EXERCISE DIRECTIONS: Every line below between the line holding "(update_dir s parent_id" and the line holding "find_entry-Agree (read_block s", inclusive, should be repeated exactly, and all other lines omitted.

* * *

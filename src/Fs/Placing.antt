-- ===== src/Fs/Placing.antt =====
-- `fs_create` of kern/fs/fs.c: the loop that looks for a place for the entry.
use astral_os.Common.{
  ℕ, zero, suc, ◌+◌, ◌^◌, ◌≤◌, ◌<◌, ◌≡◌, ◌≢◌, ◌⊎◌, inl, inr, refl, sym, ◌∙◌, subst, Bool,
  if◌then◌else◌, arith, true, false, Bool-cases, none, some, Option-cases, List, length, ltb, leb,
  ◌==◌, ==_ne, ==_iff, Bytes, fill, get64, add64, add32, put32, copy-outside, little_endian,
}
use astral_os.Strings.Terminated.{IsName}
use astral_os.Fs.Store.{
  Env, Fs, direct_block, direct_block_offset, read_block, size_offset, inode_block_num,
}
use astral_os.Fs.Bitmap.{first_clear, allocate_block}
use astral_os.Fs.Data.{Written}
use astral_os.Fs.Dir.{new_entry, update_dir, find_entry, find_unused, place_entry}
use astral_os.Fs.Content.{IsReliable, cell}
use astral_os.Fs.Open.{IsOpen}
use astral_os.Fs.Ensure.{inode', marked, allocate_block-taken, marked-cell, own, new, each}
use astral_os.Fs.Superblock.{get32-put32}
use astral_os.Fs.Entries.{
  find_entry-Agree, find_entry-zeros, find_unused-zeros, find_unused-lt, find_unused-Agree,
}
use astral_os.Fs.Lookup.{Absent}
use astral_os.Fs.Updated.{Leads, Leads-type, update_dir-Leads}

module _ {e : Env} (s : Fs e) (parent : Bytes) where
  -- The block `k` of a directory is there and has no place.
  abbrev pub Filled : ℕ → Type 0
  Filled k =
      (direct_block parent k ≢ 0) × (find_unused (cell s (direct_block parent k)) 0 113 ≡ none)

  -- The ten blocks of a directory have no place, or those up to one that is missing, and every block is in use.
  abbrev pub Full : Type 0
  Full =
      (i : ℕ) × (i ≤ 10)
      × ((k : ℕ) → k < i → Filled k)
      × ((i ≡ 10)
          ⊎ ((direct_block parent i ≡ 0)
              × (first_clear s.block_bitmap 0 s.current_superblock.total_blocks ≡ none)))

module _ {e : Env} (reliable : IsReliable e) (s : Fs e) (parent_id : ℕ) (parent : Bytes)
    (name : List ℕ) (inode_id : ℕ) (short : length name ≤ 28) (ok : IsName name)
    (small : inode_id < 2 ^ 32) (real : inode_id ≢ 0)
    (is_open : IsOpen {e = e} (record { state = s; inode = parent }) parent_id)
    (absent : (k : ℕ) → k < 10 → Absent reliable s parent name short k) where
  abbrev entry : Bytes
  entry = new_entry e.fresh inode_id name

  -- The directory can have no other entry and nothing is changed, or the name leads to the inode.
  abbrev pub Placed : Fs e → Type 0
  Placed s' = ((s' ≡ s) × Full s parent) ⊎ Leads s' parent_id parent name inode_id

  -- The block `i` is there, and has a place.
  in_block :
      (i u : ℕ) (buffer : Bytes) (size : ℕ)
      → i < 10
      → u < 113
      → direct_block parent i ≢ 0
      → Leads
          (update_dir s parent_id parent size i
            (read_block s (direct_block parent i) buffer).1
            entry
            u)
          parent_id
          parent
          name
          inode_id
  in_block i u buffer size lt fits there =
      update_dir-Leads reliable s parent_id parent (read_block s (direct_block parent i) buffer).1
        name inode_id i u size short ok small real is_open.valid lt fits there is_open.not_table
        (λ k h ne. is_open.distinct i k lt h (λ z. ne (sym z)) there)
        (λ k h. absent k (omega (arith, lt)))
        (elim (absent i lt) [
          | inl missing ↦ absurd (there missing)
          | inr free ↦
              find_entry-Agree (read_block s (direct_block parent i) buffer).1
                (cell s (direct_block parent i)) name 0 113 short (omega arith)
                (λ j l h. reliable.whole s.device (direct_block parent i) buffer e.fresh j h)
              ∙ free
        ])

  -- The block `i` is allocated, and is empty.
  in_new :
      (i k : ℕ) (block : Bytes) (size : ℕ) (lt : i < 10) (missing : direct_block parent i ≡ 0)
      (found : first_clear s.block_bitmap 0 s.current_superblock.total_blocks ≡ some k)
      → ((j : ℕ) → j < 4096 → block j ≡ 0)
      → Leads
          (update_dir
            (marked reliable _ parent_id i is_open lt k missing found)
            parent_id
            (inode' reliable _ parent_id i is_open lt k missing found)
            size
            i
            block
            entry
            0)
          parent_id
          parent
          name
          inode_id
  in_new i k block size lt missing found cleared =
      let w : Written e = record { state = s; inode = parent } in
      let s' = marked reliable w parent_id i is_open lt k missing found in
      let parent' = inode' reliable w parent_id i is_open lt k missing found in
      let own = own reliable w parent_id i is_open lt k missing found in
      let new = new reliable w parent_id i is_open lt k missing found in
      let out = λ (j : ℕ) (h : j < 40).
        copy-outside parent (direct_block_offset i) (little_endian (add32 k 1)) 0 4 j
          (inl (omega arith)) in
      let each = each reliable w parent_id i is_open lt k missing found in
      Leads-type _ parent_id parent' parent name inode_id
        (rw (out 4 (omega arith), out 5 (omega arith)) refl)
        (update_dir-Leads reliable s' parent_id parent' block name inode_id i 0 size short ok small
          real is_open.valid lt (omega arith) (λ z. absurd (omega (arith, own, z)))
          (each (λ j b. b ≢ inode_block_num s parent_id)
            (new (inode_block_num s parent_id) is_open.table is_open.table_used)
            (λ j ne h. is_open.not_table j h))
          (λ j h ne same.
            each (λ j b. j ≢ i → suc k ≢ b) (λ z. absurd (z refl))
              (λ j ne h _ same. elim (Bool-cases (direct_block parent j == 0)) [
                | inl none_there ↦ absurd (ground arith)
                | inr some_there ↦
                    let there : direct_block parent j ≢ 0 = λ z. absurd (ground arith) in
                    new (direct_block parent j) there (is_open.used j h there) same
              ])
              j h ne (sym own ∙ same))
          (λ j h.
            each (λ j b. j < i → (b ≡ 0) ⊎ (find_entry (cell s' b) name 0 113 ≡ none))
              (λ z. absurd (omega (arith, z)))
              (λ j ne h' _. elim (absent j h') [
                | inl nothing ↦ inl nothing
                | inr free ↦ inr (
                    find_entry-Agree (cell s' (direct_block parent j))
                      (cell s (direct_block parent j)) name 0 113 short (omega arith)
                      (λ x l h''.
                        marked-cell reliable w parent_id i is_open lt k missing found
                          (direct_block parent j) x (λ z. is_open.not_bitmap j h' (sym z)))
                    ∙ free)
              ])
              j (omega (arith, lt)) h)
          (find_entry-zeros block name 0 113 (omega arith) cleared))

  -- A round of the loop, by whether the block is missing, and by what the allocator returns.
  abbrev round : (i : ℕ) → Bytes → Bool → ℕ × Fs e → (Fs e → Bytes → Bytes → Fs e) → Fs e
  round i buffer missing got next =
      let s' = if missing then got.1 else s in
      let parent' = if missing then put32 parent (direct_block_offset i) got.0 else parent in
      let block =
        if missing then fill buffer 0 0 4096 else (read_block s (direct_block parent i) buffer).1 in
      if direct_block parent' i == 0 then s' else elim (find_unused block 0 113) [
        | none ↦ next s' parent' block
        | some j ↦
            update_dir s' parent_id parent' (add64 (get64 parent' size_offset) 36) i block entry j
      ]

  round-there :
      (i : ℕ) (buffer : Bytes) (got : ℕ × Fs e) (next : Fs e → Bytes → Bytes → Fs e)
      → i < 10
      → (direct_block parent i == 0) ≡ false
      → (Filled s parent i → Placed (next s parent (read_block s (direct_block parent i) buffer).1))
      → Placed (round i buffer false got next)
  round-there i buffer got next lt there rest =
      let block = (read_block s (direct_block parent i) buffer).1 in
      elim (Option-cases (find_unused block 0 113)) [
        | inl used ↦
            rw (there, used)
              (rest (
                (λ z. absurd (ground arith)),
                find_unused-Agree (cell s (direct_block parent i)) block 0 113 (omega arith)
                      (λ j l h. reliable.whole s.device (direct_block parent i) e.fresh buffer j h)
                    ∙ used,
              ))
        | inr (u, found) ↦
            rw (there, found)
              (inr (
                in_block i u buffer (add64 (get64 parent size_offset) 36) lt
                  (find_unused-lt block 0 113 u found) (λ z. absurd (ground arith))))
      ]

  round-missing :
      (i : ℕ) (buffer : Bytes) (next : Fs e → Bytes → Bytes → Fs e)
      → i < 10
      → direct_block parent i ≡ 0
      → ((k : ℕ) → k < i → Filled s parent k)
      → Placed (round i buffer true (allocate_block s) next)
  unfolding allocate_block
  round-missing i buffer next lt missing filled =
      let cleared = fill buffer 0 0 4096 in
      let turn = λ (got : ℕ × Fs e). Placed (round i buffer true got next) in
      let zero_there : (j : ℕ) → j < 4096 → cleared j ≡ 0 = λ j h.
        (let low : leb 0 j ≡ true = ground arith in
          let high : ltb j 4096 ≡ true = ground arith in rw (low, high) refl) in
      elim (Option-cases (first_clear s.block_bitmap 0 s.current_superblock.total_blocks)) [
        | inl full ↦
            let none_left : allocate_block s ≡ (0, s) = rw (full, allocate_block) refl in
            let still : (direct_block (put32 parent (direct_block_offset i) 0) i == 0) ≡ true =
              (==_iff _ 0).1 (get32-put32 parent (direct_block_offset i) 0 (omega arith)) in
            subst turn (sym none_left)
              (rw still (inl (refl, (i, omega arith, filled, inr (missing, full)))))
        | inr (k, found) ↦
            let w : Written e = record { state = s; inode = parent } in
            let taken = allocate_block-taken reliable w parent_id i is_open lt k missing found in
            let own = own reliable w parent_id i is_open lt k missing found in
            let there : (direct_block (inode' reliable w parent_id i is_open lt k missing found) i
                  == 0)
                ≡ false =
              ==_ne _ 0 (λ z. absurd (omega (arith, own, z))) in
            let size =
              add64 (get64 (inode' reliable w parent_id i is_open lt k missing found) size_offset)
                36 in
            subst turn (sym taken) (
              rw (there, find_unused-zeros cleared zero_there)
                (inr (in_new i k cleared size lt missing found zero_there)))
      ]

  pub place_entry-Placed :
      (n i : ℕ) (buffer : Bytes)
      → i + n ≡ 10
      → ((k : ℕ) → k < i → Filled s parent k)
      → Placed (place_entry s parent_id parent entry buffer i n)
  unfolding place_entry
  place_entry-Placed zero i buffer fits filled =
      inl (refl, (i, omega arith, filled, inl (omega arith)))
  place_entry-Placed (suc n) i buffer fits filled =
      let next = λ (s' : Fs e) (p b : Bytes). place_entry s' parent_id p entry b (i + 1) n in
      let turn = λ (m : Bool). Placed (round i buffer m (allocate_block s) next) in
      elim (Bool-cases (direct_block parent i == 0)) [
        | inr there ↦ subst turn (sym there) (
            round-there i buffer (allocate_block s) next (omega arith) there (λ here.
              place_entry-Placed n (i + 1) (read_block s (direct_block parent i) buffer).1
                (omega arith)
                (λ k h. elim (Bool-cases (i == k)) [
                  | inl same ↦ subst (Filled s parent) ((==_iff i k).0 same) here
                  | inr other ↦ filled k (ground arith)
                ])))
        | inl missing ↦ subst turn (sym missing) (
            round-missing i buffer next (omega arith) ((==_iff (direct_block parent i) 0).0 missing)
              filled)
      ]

* * *

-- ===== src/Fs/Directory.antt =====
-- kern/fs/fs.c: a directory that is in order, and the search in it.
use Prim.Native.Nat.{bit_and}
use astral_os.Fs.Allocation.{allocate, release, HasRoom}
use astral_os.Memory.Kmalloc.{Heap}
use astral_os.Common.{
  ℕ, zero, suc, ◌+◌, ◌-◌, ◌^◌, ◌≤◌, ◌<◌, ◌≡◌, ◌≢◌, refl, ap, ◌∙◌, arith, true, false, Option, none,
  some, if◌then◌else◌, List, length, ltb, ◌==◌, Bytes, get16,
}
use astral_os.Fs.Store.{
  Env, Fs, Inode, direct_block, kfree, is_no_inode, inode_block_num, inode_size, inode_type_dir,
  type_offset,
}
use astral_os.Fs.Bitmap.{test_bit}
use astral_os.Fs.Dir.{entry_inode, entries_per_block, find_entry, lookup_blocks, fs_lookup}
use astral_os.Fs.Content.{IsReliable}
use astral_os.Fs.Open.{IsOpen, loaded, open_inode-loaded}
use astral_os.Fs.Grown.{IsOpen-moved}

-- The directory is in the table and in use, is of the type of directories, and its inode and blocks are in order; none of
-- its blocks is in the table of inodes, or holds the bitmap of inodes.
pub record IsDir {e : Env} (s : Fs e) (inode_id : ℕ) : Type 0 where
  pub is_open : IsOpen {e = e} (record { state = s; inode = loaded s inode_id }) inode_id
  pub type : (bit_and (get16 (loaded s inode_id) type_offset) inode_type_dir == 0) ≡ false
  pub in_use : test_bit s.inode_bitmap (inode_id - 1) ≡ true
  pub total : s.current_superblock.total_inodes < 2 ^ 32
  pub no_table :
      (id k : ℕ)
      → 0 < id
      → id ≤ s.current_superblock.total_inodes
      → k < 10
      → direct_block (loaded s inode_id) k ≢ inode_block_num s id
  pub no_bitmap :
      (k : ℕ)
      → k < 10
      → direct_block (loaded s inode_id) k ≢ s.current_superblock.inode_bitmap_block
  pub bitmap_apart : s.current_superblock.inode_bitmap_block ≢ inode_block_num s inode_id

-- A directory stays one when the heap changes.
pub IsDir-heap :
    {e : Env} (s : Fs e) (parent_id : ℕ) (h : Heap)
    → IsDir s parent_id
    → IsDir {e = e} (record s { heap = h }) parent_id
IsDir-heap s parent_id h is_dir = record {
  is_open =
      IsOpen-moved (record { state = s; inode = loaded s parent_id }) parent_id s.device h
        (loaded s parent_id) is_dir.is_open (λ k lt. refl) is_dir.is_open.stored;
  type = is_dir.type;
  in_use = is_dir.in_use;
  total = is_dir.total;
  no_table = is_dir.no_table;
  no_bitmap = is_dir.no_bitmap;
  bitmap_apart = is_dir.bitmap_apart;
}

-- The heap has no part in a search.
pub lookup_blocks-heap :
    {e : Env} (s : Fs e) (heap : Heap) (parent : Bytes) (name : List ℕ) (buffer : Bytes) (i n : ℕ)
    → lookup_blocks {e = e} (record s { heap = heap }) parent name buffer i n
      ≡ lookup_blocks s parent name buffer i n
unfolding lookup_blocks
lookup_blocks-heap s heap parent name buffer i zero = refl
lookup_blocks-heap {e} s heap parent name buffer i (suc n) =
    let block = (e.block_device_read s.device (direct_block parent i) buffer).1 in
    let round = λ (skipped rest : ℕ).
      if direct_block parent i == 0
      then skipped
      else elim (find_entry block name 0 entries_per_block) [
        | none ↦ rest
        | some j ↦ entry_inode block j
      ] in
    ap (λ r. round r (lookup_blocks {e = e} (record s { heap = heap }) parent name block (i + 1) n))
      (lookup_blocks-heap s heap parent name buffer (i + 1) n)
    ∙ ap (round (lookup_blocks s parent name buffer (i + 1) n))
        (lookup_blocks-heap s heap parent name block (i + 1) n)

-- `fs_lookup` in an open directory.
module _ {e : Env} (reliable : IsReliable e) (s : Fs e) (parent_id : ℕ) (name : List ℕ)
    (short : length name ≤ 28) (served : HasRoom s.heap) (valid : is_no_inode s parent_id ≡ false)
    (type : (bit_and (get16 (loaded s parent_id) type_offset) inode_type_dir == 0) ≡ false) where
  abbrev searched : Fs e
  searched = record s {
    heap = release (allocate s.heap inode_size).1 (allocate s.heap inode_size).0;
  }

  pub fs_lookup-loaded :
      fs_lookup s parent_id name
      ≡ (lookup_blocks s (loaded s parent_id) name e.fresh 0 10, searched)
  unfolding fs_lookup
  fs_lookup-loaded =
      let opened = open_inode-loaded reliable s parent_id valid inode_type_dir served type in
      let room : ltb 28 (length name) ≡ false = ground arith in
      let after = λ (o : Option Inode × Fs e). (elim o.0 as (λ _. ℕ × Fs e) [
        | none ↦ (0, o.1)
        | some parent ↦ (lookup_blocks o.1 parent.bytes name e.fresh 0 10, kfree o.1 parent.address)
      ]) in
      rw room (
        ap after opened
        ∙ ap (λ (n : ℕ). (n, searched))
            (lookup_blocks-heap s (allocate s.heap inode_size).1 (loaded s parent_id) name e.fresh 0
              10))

* * *

SOLUTION TO THIS TASK:
          (update_dir s parent_id parent size i
            (read_block s (direct_block parent i) buffer).1
            entry
            u)
          parent_id
          parent
          name
          inode_id
  in_block i u buffer size lt fits there =
      update_dir-Leads reliable s parent_id parent (read_block s (direct_block parent i) buffer).1
        name inode_id i u size short ok small real is_open.valid lt fits there is_open.not_table
        (λ k h ne. is_open.distinct i k lt h (λ z. ne (sym z)) there)
        (λ k h. absent k (omega (arith, lt)))
        (elim (absent i lt) [
          | inl missing ↦ absurd (there missing)
          | inr free ↦
              find_entry-Agree (read_block s (direct_block parent i) buffer).1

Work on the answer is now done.